Pauline Gotter (29 December 1786 – 31 December 1854) was the second wife of Friedrich Wilhelm Joseph Schelling and a friend of Louise Seidler and Sylvie von Ziegesar.

== Life ==
Angelica Pauline Amalie Gotter was born on 29 December 1786. Her parents were the playwright, Privy Councilor ("Geheimrat") and archivist Friedrich Wilhelm Gotter and Louise Gotter (née Stiege). Her mother was a close friend of Caroline Schlegel (née Michaelis), while her father had been close friends with Johann Wolfgang von Goethe since his youth.
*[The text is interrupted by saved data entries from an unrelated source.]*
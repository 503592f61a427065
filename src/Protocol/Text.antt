-- ===== src/Protocol/Text.antt =====
-- _cstr and _pad of backend/app/protocol.py: text in fixed, NUL-padded fields.
use ecu_telemetry.Prelude.{
  ℕ, suc, true, false, Bool-cases, inl, inr, sym, ◌∙◌, ltb, take_all, ◌-◌, ◌<◌, ◌≤◌, ◌≡◌, ◌≢◌, refl,
  ap, [], ◌∷◌, ◌++◌, arith, leb, ◌==◌, if◌then◌else◌, length, take, replicate, length-append,
  length-replicate, length-take, All,
}
use ecu_telemetry.Python.Text.{Text, ascii_encode, ascii_decode}
use ecu_telemetry.Python.Struct.{Bytes}

-- raw.split(b"\0", 1)[0]
before_nul : Bytes → Bytes
before_nul [] = []
before_nul (b ∷ bs) = if b == 0 then [] else b ∷ before_nul bs

unfoldable pub cstr : Bytes → Text
unfolding before_nul ascii_decode
cstr raw = ascii_decode (before_nul raw)

-- b.ljust(n, b"\0")
ljust : Bytes → ℕ → Bytes
ljust b n = b ++ replicate (n - length b) 0

unfoldable pub pad : Text → ℕ → Bytes
unfolding ljust ascii_encode
pad s n =
    let e = ascii_encode s in let b = if leb n (length e) then take (n - 1) e else e in ljust b n

-- The characters that a field stores as they are.
abbrev pub IsPlain : ℕ → Type 0
IsPlain c = (c ≢ 0) × (c < 128)

-- A text that its field stores without loss: plain characters, and room for one NUL.
abbrev pub FitsText : ℕ → Text → Type 0
FitsText n s = All IsPlain s × (length s < n)

ascii_encode-plain : (s : Text) → All IsPlain s → ascii_encode s ≡ s
unfolding ascii_encode
ascii_encode-plain [] h = refl
ascii_encode-plain (c ∷ s) ((_, h), hs) = ground (arith, ascii_encode-plain s hs)

length-ascii_encode : (s : Text) → length (ascii_encode s) ≡ length s
unfolding ascii_encode
length-ascii_encode [] = refl
length-ascii_encode (c ∷ s) = omega (arith, length-ascii_encode s)

length-ljust : (b : Bytes) (n : ℕ) → length b ≤ n → length (ljust b n) ≡ n
unfolding ljust
length-ljust b n h =
    omega (
      arith,
      length-append b (replicate (n - length b) 0),
      length-replicate {A = ℕ} (n - length b) 0,
    )

cut : ℕ → Bytes → Bytes
cut n e = if leb n (length e) then take (n - 1) e else e

length-cut : (n : ℕ) (e : Bytes) → length (cut n e) ≤ n
unfolding cut
length-cut n e = ground (arith, length-take (n - 1) e)

-- A field has its length, whatever the text.
pub length-pad : (s : Text) (n : ℕ) → length (pad s n) ≡ n
unfolding pad cut
length-pad s n = length-ljust (cut n (ascii_encode s)) n (length-cut n (ascii_encode s))

cstr-plain : (s : Text) (k : ℕ) → All IsPlain s → cstr (s ++ replicate (suc k) 0) ≡ s
unfolding cstr
cstr-plain [] k h = refl
cstr-plain (c ∷ s) k ((nz, h), hs) = ground (arith, cstr-plain s k hs)

pad-plain : (s : Text) (n : ℕ) → FitsText n s → pad s n ≡ s ++ replicate (suc (n - length s - 1)) 0
unfolding pad ljust
pad-plain s n (h, l) =
    let room : n - length s ≡ suc (n - length s - 1) = omega arith in
    let short : leb n (length s) ≡ false = ground arith in
    rw (ascii_encode-plain s h, short) (ap (λ (k : ℕ). s ++ replicate k 0) room)

-- A text that fits its field of n bytes is read back from it.
pub cstr-pad : (s : Text) (n : ℕ) → FitsText n s → cstr (pad s n) ≡ s
cstr-pad s n (h, l) = rw (pad-plain s n (h, l)) (cstr-plain s (n - length s - 1) h)

All-take : (n : ℕ) (s : Text) → All IsPlain s → All IsPlain (take n s)
All-take ℕ.zero s h = tt
All-take (suc n) [] h = tt
All-take (suc n) (c ∷ s) (h, hs) = (h, All-take n s hs)

pad-long :
    (s : Text) (n : ℕ)
    → All IsPlain s
    → 0 < n
    → n ≤ length s
    → pad s n ≡ take (n - 1) s ++ replicate (suc 0) 0
unfolding pad ljust
pad-long s n h pos l =
    let long : leb n (length s) ≡ true = ground arith in
    let room : n - length (take (n - 1) s) ≡ suc 0 = omega (arith, length-take (n - 1) s) in
    rw (ascii_encode-plain s h, long) (ap (λ (k : ℕ). take (n - 1) s ++ replicate k 0) room)

-- A text of plain characters is read back from a field of n bytes as its first n - 1 characters.
pub cstr-pad_cut : (s : Text) (n : ℕ) → All IsPlain s → 0 < n → cstr (pad s n) ≡ take (n - 1) s
cstr-pad_cut s n h pos = elim (Bool-cases (ltb (length s) n)) [
  | inl e ↦
      let short : length s < n = ground (arith, e) in
      cstr-pad s n (h, short) ∙ sym (take_all (n - 1) s (omega arith))
  | inr e ↦
      let long : n ≤ length s = ground (arith, e) in
      rw (pad-long s n h pos long) (cstr-plain (take (n - 1) s) 0 (All-take (n - 1) s h))
]
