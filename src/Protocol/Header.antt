-- ===== src/Protocol/Header.antt =====
-- The frame header: class Header of backend/app/protocol.py.
pub mod RoundTrip
use ecu_telemetry.Prelude.{ℕ, ◌+◌, ◌%◌, ◌^◌, ◌≡◌, List, [], ◌∷◌, ltb, leb, ◌==◌, length}
use ecu_telemetry.Python.Result.{
  Result, ok, err, require, bad_magic, bad_version, bad_length, ◌>>=◌, ◌>>◌,
}
use ecu_telemetry.Python.Floats.{Floats}
use ecu_telemetry.Python.Struct.{
  Bytes, Field, u8, u16, u32, u64, chars, Vals, pack, unpack_from, read,
}
use ecu_telemetry.Python.Text.{Text}
use ecu_telemetry.Protocol.Text.{cstr, pad}

abbrev pub magic : ℕ
magic = 0x4554

abbrev pub current_version : ℕ
current_version = 1

abbrev pub header_len : ℕ
header_len = 36

abbrev pub max_payload : ℕ
max_payload = 1024

-- "<HBB12sIQIHH"
abbrev pub header_fmt : List Field
header_fmt = u16 ∷ u8 ∷ u8 ∷ chars 12 ∷ u32 ∷ u64 ∷ u32 ∷ u16 ∷ u16 ∷ []

pub record Header : Type 0 where
  pub msg_type : ℕ
  pub device_id : Text
  pub seq : ℕ
  pub ts_ms : ℕ
  pub fw_version : ℕ
  pub payload_len : ℕ
  pub version : ℕ

module _ ⦃fl : Floats⦄ where
  abbrev pub header_values : Header → Vals header_fmt
  header_values h = (
    magic,
    (
      h.version,
      (
        h.msg_type,
        (
          pad h.device_id 12,
          (h.seq % 2 ^ 32, (h.ts_ms % 2 ^ 64, (h.fw_version % 2 ^ 32, (h.payload_len, (0, tt))))),
        ),
      ),
    ),
  )

  unfoldable pub pack_header : Header → Result Bytes
  pack_header h = pack header_fmt (header_values h)

  -- The tests on the unpacked fields, in order.
  unfoldable pub check_header : Vals header_fmt → Result Header
  check_header (m, (ver, (mt, (dev, (seq, (ts, (fw, (plen, _)))))))) = do
    require (m == magic) bad_magic
    require (ver == current_version) bad_version
    require (leb plen max_payload) bad_length
    ok (record {
      msg_type = mt;
      device_id = cstr dev;
      seq = seq;
      ts_ms = ts;
      fw_version = fw;
      payload_len = plen;
      version = ver;
    })

  unfoldable pub unpack_header : Bytes → Result Header
  unfolding check_header
  unpack_header buf = do
    require (leb header_len (length buf)) bad_length
    values ← unpack_from header_fmt buf
    check_header values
Pauline Gotter had two sisters and knew Goethe and Caroline Schlegel from childhood on. In her youth she was friends with Sylvie von Ziegesar and the painter Louise Seidler. Together with her friends, she had access to Jena's most elevated intellectual circles, which at that time comprised such creative minds as Friedrich Schiller, Johann Gottlieb Fichte, Friedrich Wilhelm Joseph Schelling, Georg Wilhelm Friedrich Hegel, brothers Alexander and Wilhelm von Humboldt, brothers Friedrich and August Wilhelm Schlegel, Friedrich Tieck, Clemens Brentano, Voß, Paulus, Niethammer, Zacharias Werner and others.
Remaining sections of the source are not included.